* _What you are asked to do_
Only the closing portion of the entries is to be reproduced: the line containing "else returns tt" through the very last line, exactly as written.

Saved data entries
□ □ □
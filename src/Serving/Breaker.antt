-- ===== src/Serving/Breaker.antt =====
-- `SearchCircuitBreaker` of services/api/src/api/services/circuit_breaker.py. The Redis server is
-- a parameter: its state and the calls that the breaker makes.
use weather.Common.{
  ℕ, ◌+◌, Bool, true, false, not, ◌||◌, Option, none, some, List, [], ◌∷◌, ◌++◌, any, ltb, leb,
  if◌then◌else◌,
}
use weather.Common.Int.{ℤ, pos, negsuc, leb_ℤ}
use weather.Common.Text.{Text, codes, text_eq}
use weather.Common.Dict.{Dict, lookup, insert, erase, text_key}
pub mod Trip
mod Examples

-- A call to the server: the state that it leaves, and its value unless it raises.
abbrev pub Call : Type 0 → Type 0 → Type 0
Call S A = S → S × Option A

abbrev pub next_call : {S A B : Type 0} → S × Option A → (A → Call S B) → S × Option B
next_call (s, none) k = (s, none)
next_call (s, some a) k = k a s

infixl 5 ◌>>=◌
abbrev pub ◌>>=◌ : {S A B : Type 0} → Call S A → (A → Call S B) → Call S B
m >>= k = λ s. next_call (m s) k

abbrev pub returns : {S A : Type 0} → A → Call S A
returns a = λ s. (s, some a)

-- `ping` is whether `_get_redis` yields a client; `get` is whether the key has a value that is not
-- empty; `set` sets the value "degraded" with a time to live in seconds.
pub record Redis (S : Type 0) : Type 0 where
  pub ping : S → S × Bool
  pub get : Text → Call S Bool
  pub delete : List Text → Call S (Unit {0})
  pub incr : Text → Call S ℕ
  pub expire : Text → ℕ → Call S (Unit {0})
  pub set : Text → ℕ → Call S (Unit {0})
  pub keys : Text → Call S (List Text)

-- Times and the cooldown are in seconds.
pub record Breaker : Type 0 where
  pub failure_threshold : ℤ
  pub cooldown : ℕ
  pub failures : Dict Text ℕ
  pub cooldown_until : Dict Text ℕ

abbrev pub is_exempt : Text → Bool
is_exempt [] = true
is_exempt (c ∷ cs) = text_eq (c ∷ cs) (codes "mock") || text_eq (c ∷ cs) (codes "stub")

abbrev pub failures_key : Text → Text
failures_key provider = codes "weather:search:failures:" ++ provider

abbrev pub breaker_key : Text → Text
breaker_key provider = codes "weather:search:breaker:" ++ provider

abbrev pub or_zero : Option ℕ → ℕ
or_zero none = 0
or_zero (some n) = n

-- What the breaker answers without a server.
pub is_available_locally : Breaker → Text → ℕ → Bool
is_available_locally b provider now = leb (or_zero (lookup provider b.cooldown_until)) now

abbrev pub answer : {S : Type 0} → Bool → S × Option Bool → S × Bool
answer local (s, some is_open) = (s, not is_open)
answer local (s, none) = (s, local)

abbrev pub with_client : {S A : Type 0} → S × Bool → (S → A) → (S → A) → A
with_client (s, true) remote local = remote s
with_client (s, false) remote local = local s

pub is_available : {S : Type 0} → Redis S → Breaker → Text → ℕ → S → S × Bool
unfolding is_available_locally
is_available redis b provider now s =
    let local = is_available_locally b provider now in
    if is_exempt provider || leb_ℤ b.failure_threshold (pos 0)
    then (s, true)
    else with_client (redis.ping s) (λ s. answer local (redis.get (breaker_key provider) s))
        (λ s. (s, local))

-- Both dictionaries without the provider.
abbrev pub clear_provider : Text → Breaker → Breaker
clear_provider provider b = record b {
  failures = erase provider b.failures;
  cooldown_until = erase provider b.cooldown_until;
}

pub record_success : {S : Type 0} → Redis S → Text → Breaker → S → S × Breaker
record_success redis provider b s =
    let cleared = clear_provider provider b in
    if is_exempt provider
    then (s, b)
    else with_client (redis.ping s)
        (λ s. ((redis.delete (failures_key provider ∷ breaker_key provider ∷ []) s).0, cleared))
        (λ s. (s, cleared))

-- The cooldown starts, and the count is dropped.
abbrev pub trip : Text → ℕ → Breaker → Breaker
trip provider now b = record b {
  failures = erase provider b.failures;
  cooldown_until = insert provider (now + b.cooldown) b.cooldown_until;
}

pub record_failure_locally : Text → Bool → ℕ → Breaker → Breaker
record_failure_locally provider is_429 now b =
    let current = or_zero (lookup provider b.failures) + 1 in
    let counted = record b { failures = insert provider current b.failures } in
    if is_429
    then trip provider now b
    else if leb_ℤ b.failure_threshold (pos current)
    then trip provider now counted
    else counted

-- What a failure does on the server.
pub record_failure_remotely : {S : Type 0} → Redis S → Text → Bool → Breaker → Call S (Unit {0})
record_failure_remotely redis provider true b = do
  done ← redis.set (breaker_key provider) b.cooldown
  redis.delete (failures_key provider ∷ [])
record_failure_remotely redis provider false b = do
  count ← redis.incr (failures_key provider)
  done ← redis.expire (failures_key provider) (b.cooldown + b.cooldown)
  if leb_ℤ b.failure_threshold (pos count)
      then (do
        set ← redis.set (breaker_key provider) b.cooldown
        redis.delete (failures_key provider ∷ []))
      else returns tt

abbrev pub unless_raised : {S : Type 0} → Breaker → Breaker → S × Option (Unit {0}) → S × Breaker
unless_raised b local (s, some done) = (s, b)
unless_raised b local (s, none) = (s, local)

pub record_failure : {S : Type 0} → Redis S → Text → Bool → ℕ → Breaker → S → S × Breaker
unfolding record_failure_locally record_failure_remotely
record_failure redis provider is_429 now b s =
    let local = record_failure_locally provider is_429 now b in
    if is_exempt provider
    then (s, b)
    else with_client (redis.ping s)
        (λ s. unless_raised b local (record_failure_remotely redis provider is_429 b s))
        (λ s. (s, local))

pub delete_each : {S : Type 0} → Redis S → List Text → Call S (Unit {0})
delete_each redis [] = returns tt
delete_each redis (key ∷ keys) = do done ← redis.delete (key ∷ []); delete_each redis keys

pub reset_remotely : {S : Type 0} → Redis S → Text → Call S (Unit {0})
unfolding delete_each
reset_remotely redis [] = do
  failure_keys ← redis.keys (codes "weather:search:failures:*")
  done ← delete_each redis failure_keys
  breaker_keys ← redis.keys (codes "weather:search:breaker:*")
  delete_each redis breaker_keys
reset_remotely redis (c ∷ cs) = redis.delete (failures_key (c ∷ cs) ∷ breaker_key (c ∷ cs) ∷ [])

abbrev pub reset_locally : Text → Breaker → Breaker
reset_locally [] b = record b { failures = []; cooldown_until = [] }
reset_locally (c ∷ cs) b = clear_provider (c ∷ cs) b

-- The empty text stands for no provider.
pub reset : {S : Type 0} → Redis S → Text → Breaker → S → S × Breaker
unfolding reset_remotely
reset redis provider b s =
    let after = reset_locally provider b in
    with_client (redis.ping s) (λ s. ((reset_remotely redis provider s).0, after)) (λ s. (s, after))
□ □ □
* _Solution below_
      else returns tt

abbrev pub unless_raised : {S : Type 0} → Breaker → Breaker → S × Option (Unit {0}) → S × Breaker
unless_raised b local (s, some done) = (s, b)
unless_raised b local (s, none) = (s, local)

pub record_failure : {S : Type 0} → Redis S → Text → Bool → ℕ → Breaker → S → S × Breaker
unfolding record_failure_locally record_failure_remotely
record_failure redis provider is_429 now b s =
    let local = record_failure_locally provider is_429 now b in
    if is_exempt provider
    then (s, b)
    else with_client (redis.ping s)
        (λ s. unless_raised b local (record_failure_remotely redis provider is_429 b s))
        (λ s. (s, local))

pub delete_each : {S : Type 0} → Redis S → List Text → Call S (Unit {0})
delete_each redis [] = returns tt
delete_each redis (key ∷ keys) = do done ← redis.delete (key ∷ []); delete_each redis keys

pub reset_remotely : {S : Type 0} → Redis S → Text → Call S (Unit {0})
unfolding delete_each
reset_remotely redis [] = do
  failure_keys ← redis.keys (codes "weather:search:failures:*")
  done ← delete_each redis failure_keys
  breaker_keys ← redis.keys (codes "weather:search:breaker:*")
  delete_each redis breaker_keys
reset_remotely redis (c ∷ cs) = redis.delete (failures_key (c ∷ cs) ∷ breaker_key (c ∷ cs) ∷ [])

abbrev pub reset_locally : Text → Breaker → Breaker
reset_locally [] b = record b { failures = []; cooldown_until = [] }
reset_locally (c ∷ cs) b = clear_provider (c ∷ cs) b

-- The empty text stands for no provider.
pub reset : {S : Type 0} → Redis S → Text → Breaker → S → S × Breaker
unfolding reset_remotely
reset redis provider b s =
    let after = reset_locally provider b in
    with_client (redis.ping s) (λ s. ((reset_remotely redis provider s).0, after)) (λ s. (s, after))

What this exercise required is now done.